──────── Available records
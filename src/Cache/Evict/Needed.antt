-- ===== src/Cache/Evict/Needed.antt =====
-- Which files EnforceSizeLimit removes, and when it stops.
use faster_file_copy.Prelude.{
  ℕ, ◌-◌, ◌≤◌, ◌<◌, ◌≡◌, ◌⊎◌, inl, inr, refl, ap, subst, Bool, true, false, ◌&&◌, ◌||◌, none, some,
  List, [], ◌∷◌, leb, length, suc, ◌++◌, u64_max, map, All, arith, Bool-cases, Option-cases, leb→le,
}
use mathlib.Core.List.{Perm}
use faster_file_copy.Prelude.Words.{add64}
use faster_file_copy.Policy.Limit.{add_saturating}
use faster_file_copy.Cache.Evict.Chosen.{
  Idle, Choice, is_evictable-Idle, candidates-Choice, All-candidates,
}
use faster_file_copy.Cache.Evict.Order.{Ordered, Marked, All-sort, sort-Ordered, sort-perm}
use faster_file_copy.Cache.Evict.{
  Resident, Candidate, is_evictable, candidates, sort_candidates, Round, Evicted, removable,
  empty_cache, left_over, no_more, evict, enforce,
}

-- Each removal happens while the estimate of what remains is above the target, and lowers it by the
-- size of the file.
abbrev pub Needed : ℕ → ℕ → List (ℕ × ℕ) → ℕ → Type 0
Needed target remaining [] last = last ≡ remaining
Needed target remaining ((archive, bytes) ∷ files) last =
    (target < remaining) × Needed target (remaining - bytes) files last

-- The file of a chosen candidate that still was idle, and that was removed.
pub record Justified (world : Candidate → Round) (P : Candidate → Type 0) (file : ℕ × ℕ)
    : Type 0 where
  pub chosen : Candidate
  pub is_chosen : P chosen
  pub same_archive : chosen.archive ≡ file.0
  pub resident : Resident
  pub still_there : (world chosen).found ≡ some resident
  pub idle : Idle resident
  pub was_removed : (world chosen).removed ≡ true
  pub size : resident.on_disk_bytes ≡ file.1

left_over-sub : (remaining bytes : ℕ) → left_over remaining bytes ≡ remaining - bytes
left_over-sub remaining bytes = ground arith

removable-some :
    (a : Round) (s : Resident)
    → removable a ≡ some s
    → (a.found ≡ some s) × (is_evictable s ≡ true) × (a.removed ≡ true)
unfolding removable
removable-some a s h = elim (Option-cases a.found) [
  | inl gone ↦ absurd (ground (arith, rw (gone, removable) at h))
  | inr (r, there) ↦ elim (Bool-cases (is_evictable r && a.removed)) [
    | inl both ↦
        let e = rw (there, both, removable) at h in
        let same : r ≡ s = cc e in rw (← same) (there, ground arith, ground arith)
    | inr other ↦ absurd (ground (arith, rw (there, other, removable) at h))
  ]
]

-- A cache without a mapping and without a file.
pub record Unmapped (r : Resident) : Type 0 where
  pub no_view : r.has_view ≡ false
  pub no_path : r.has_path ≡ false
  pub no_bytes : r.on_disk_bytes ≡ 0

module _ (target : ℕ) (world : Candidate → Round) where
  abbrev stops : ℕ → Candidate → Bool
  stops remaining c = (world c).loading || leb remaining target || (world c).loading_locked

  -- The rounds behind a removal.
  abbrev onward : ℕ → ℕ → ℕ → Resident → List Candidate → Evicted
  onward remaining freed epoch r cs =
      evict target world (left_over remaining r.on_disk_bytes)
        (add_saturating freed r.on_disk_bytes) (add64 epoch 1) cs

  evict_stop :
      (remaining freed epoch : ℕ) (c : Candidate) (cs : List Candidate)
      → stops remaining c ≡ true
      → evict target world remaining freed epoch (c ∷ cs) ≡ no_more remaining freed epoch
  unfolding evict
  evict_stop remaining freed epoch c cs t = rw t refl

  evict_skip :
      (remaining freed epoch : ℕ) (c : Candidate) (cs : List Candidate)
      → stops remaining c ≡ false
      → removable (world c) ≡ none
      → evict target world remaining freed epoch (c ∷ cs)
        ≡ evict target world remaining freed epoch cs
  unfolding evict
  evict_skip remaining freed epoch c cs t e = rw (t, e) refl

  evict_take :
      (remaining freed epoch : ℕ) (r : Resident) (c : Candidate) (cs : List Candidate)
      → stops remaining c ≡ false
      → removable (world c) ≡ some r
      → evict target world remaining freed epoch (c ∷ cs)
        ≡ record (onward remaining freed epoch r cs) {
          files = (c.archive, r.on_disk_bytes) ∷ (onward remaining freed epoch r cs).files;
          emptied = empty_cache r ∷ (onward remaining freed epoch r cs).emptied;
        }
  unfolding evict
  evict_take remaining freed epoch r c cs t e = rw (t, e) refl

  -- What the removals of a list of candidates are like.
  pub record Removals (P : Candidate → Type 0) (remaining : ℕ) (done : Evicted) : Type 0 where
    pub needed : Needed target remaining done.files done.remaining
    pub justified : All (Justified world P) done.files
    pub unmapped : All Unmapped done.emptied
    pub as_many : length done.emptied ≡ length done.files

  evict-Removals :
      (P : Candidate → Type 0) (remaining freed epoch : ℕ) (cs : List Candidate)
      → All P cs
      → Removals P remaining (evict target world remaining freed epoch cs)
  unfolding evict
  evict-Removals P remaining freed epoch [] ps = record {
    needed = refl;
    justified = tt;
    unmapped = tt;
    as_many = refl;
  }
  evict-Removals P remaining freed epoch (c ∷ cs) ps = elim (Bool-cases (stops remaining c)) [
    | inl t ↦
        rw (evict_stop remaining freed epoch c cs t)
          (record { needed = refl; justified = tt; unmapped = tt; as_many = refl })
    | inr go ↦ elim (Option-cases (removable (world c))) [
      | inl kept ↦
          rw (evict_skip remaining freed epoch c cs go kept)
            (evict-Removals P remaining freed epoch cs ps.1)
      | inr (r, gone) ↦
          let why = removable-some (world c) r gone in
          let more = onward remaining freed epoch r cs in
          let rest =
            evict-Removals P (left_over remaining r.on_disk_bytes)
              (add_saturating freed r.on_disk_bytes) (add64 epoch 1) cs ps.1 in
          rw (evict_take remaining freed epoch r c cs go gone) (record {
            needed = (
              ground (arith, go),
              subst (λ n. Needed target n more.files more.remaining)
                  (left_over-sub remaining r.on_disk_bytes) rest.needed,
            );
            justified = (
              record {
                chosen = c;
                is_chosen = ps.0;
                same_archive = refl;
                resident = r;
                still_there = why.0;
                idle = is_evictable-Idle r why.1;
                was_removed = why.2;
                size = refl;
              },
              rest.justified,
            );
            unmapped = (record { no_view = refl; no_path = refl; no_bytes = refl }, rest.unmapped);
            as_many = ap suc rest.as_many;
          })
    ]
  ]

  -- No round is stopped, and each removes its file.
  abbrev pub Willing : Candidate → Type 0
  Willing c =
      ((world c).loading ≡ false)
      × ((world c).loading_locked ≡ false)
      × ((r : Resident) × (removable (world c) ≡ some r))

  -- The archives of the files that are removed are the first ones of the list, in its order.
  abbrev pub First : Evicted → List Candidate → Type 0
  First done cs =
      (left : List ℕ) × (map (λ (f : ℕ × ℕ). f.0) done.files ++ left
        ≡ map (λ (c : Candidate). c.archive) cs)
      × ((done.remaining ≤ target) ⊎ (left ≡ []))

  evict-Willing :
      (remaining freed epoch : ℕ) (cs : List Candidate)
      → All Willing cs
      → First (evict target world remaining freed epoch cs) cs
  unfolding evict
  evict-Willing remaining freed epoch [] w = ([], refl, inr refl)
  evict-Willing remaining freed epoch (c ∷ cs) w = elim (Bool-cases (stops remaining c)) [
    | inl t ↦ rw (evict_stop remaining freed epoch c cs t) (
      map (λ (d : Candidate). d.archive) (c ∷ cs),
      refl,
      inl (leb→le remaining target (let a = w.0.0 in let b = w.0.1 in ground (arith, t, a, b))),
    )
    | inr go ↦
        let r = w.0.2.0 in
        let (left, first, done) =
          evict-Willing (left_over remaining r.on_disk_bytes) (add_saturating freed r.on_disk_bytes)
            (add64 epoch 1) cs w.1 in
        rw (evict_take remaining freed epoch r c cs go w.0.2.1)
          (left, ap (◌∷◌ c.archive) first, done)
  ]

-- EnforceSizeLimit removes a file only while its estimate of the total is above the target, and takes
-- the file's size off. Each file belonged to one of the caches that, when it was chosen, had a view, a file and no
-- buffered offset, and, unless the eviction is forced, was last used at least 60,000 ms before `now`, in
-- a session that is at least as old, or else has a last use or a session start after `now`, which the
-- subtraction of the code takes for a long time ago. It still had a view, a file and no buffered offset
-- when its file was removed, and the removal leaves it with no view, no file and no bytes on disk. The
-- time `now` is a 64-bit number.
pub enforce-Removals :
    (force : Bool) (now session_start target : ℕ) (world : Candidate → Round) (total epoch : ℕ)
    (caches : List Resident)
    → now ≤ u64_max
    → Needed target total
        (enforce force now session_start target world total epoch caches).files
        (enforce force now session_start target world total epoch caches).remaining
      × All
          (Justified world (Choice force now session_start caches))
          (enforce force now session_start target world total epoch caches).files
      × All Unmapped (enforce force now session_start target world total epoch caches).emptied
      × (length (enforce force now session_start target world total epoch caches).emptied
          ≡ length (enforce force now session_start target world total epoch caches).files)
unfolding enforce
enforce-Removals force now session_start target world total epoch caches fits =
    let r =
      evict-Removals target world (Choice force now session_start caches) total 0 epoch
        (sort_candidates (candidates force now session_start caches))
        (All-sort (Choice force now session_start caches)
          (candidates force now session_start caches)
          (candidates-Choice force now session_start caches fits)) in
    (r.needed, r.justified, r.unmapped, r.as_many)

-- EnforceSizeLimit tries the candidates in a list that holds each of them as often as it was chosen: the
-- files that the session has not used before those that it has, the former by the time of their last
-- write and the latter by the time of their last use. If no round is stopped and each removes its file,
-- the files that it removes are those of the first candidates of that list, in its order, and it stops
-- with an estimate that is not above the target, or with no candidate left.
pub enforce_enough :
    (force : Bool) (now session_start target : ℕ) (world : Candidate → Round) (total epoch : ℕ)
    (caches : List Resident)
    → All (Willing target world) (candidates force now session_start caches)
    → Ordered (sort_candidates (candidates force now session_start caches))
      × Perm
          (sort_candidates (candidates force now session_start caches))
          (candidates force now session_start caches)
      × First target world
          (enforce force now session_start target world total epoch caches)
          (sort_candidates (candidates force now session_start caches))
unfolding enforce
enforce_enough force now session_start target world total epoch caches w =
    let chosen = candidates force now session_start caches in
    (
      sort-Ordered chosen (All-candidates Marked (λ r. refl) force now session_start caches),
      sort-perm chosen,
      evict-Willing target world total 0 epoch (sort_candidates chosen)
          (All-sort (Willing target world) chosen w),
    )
────────────────
Exercise directions: Retrieve all lines from the data that contain the string "their".

Response for this exercise:
-- files that the session has not used before those that it has, the former by the time of their last
-- write and the latter by the time of their last use. If no round is stopped and each removes its file,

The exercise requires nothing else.